Bering, Vitus Jonassen

Bering, Vitus Jonassen vēˈto͝os yōˈnäsən bārˈĭng [key], 1681–1741, Danish explorer in Russian employ. In 1725 he was selected by Peter I to explore far NE Siberia. Having finally moved men and supplies across Siberia, Bering in 1728 sailed N through Bering Strait but sighted no land and did not recognize the importance of the strait. Later in 1728, setting out from Kamchatka, he was driven from his course and discovered the southern route around Kamchatka. He returned to St. Petersburg, arriving in 1730. With government support, Bering then oversaw the exploration and mapping of the far reaches of Siberia. Bering himself headed an expedition across the sea to Alaska. In 1741 he commanded the St. Peter while Aleksey Ilich Chirikov (d.1748) commanded the St. Paul. They set out, rounded Kamchatka, founded the town of Petropavlovsk, and then sailed west. The vessels were separated.
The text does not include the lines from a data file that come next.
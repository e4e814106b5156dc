-- ===== src/Api.antt =====
-- The functions that a program calls, pwrapic/src/powerapi.c: what each checks before it hands the
-- call over to the function that builds and sends the request.
-- A pointer argument is a Boolean, `false` where it is NULL, or an option of what it points to. A C
-- int that is only compared is its bit pattern; a name is the list of its bytes before the
-- terminator. What `sizeof` yields is an argument.
pub mod Cpu
pub mod Devices
pub mod Status
pub mod Authority
pub mod Tests
use powerapi.Prelude.{
  ℕ, Bool, true, false, ◌&&◌, ◌||◌, not, Option, none, some, List, ◌==◌, if◌then◌else◌, ltb,
}
use powerapi.Prelude.Int.{ℤ, pos, ltb_ℤ}
use powerapi.Codes.{
  success, err_common, err_null_pointer, err_invalide_param, err_not_registed, err_not_authed,
  err_callback_function_should_be_set_first,
}

pub data PwrApiStatus : Type 0 where
  status_unregistered status_registerted status_authed : PwrApiStatus

-- The number of a status.
abbrev pub rank : PwrApiStatus → ℕ
rank status_unregistered = 0
rank status_registerted = 1
rank status_authed = 2

-- The function that a call is handed over to.
pub data Handover : Type 0 where
  create_dc_task : ℤ → Handover
  delete_dc_task : ℕ → Handover
  request_control_auth release_control_auth : Handover
  set_sys_power_state : ℕ → Handover
  get_sys_rt_power_info : Handover
  get_cpu_info get_cpu_perf_data get_cpu_freq_range get_cpu_dma_latency : Handover
  get_cpu_usage get_cpu_freq_ability get_cpu_freq_governor : ℕ → Handover
  set_cpu_freq_range : Handover
  set_cpu_freq_governor : List ℕ → Handover
  get_cpu_cur_freq : ℕ → ℕ → Handover
  set_cpu_cur_freq : ℕ → Handover
  set_cpu_dma_latency : ℤ → Handover
  get_disk_list : ℕ → Handover
  get_disk_load get_disk_pwr_level get_disk_scsi_policy : ℕ → ℕ → Handover
  set_disk_pwr_level set_disk_scsi_policy : ℕ → Handover
  get_net_info : ℕ → Handover
  get_net_through get_net_speed_mod : List ℕ → Handover
  set_net_speed_mod : List ℕ → ℕ → Handover
  get_usb_auto_suspend set_usb_auto_suspend : ℕ → Handover

-- A call returns a code at once, or what the function returns that it is handed over to.
pub data Outcome : Type 0 where
  refused : ℕ → Outcome
  handed : Handover → Outcome

-- The macro CHECK_STATUS, before the rest of a function.
unfoldable pub check_status : PwrApiStatus → PwrApiStatus → Outcome → Outcome
check_status g_status s rest =
    if ltb (rank g_status) (rank s)
    then (if rank s == 1 then refused err_not_registed else refused err_not_authed)
    else rest

-- The macro CHECK_NULL_POINTER, before the rest of a function.
unfoldable pub check_null_pointer : Bool → Outcome → Outcome
check_null_pointer p rest = if p then rest else refused err_null_pointer

-- The test that many functions make, before the rest.
unfoldable pub check_param : Bool → Outcome → Outcome
check_param invalid rest = if invalid then refused err_invalide_param else rest

abbrev pub min_dc_interval : ℤ
min_dc_interval = pos 1000

abbrev pub max_dc_interval : ℤ
max_dc_interval = pos 100_000_000

-- `none` where `basicDcTaskInfo` is NULL, else its interval; then whether a callback is set.
unfoldable pub pwr_create_dc_task : PwrApiStatus → Option ℤ → Bool → Outcome
unfolding check_status check_null_pointer check_param
pwr_create_dc_task g none has_callback =
    check_status g status_registerted (refused err_null_pointer)
pwr_create_dc_task g (some interval) has_callback = check_status g status_registerted (
    check_param (ltb_ℤ interval min_dc_interval || ltb_ℤ max_dc_interval interval) (
      if not has_callback
      then refused err_callback_function_should_be_set_first
      else handed (create_dc_task interval)))

unfoldable pub pwr_delete_dc_task : PwrApiStatus → ℕ → Outcome
unfolding check_status
pwr_delete_dc_task g data_type =
    check_status g status_registerted (handed (delete_dc_task data_type))

unfoldable pub pwr_sys_set_power_state : PwrApiStatus → ℕ → Outcome
unfolding check_status check_param
pwr_sys_set_power_state g power_state = check_status g status_authed (
    check_param (not (power_state == 1) && not (power_state == 2))
      (handed (set_sys_power_state power_state)))

unfoldable pub pwr_sys_get_rt_power_info : PwrApiStatus → Bool → Outcome
unfolding check_status check_null_pointer
pwr_sys_get_rt_power_info g power_info =
    check_status g status_registerted (check_null_pointer power_info (handed get_sys_rt_power_info))

-- The return code and the status afterwards; `answer` is what the function called returns.
unfoldable pub pwr_register : PwrApiStatus → ℕ → ℕ × PwrApiStatus
pwr_register g answer =
    if not (answer == success)
    then (err_common, g)
    else if rank g == 0
    then (success, status_registerted)
    else (success, g)

unfoldable pub pwr_un_register : PwrApiStatus → ℕ → ℕ × PwrApiStatus
pwr_un_register g answer = (answer, status_unregistered)

-- What is returned: the code of a call refused, or the answer to the one handed over.
abbrev pub code : Outcome → ℕ → ℕ
code (refused c) answer = c
code (handed h) answer = answer

-- The new status, if the call is handed over and the answer is success.
abbrev pub settle : PwrApiStatus → PwrApiStatus → Outcome → ℕ → PwrApiStatus
settle g next (refused c) answer = g
settle g next (handed h) answer = if answer == success then next else g

unfoldable pub pwr_request_control_auth : PwrApiStatus → ℕ → ℕ × PwrApiStatus
unfolding check_status
pwr_request_control_auth g answer =
    let o = check_status g status_registerted (handed request_control_auth) in
    (code o answer, settle g status_authed o answer)

unfoldable pub pwr_release_control_auth : PwrApiStatus → ℕ → ℕ × PwrApiStatus
unfolding check_status
pwr_release_control_auth g answer =
    let o = check_status g status_authed (handed release_control_auth) in
    (code o answer, settle g status_registerted o answer)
Bering sighted the St. Elias Mts. in Alaska on July 16, and the scientist Georg Wilhelm Steller led a landing party. Sailing W past the Aleutian Islands, the ship was wrecked on the shore of Bering Island, which they mistook for the coast of Kamchatka. There on Dec. 8 Bering died. The few survivors managed to reach Kamchatka in the summer of 1742.

See F. A. Golder, Bering's Voyages (2 vol., 1922–25); G. F. Muller (1986) and C. Urness (1987).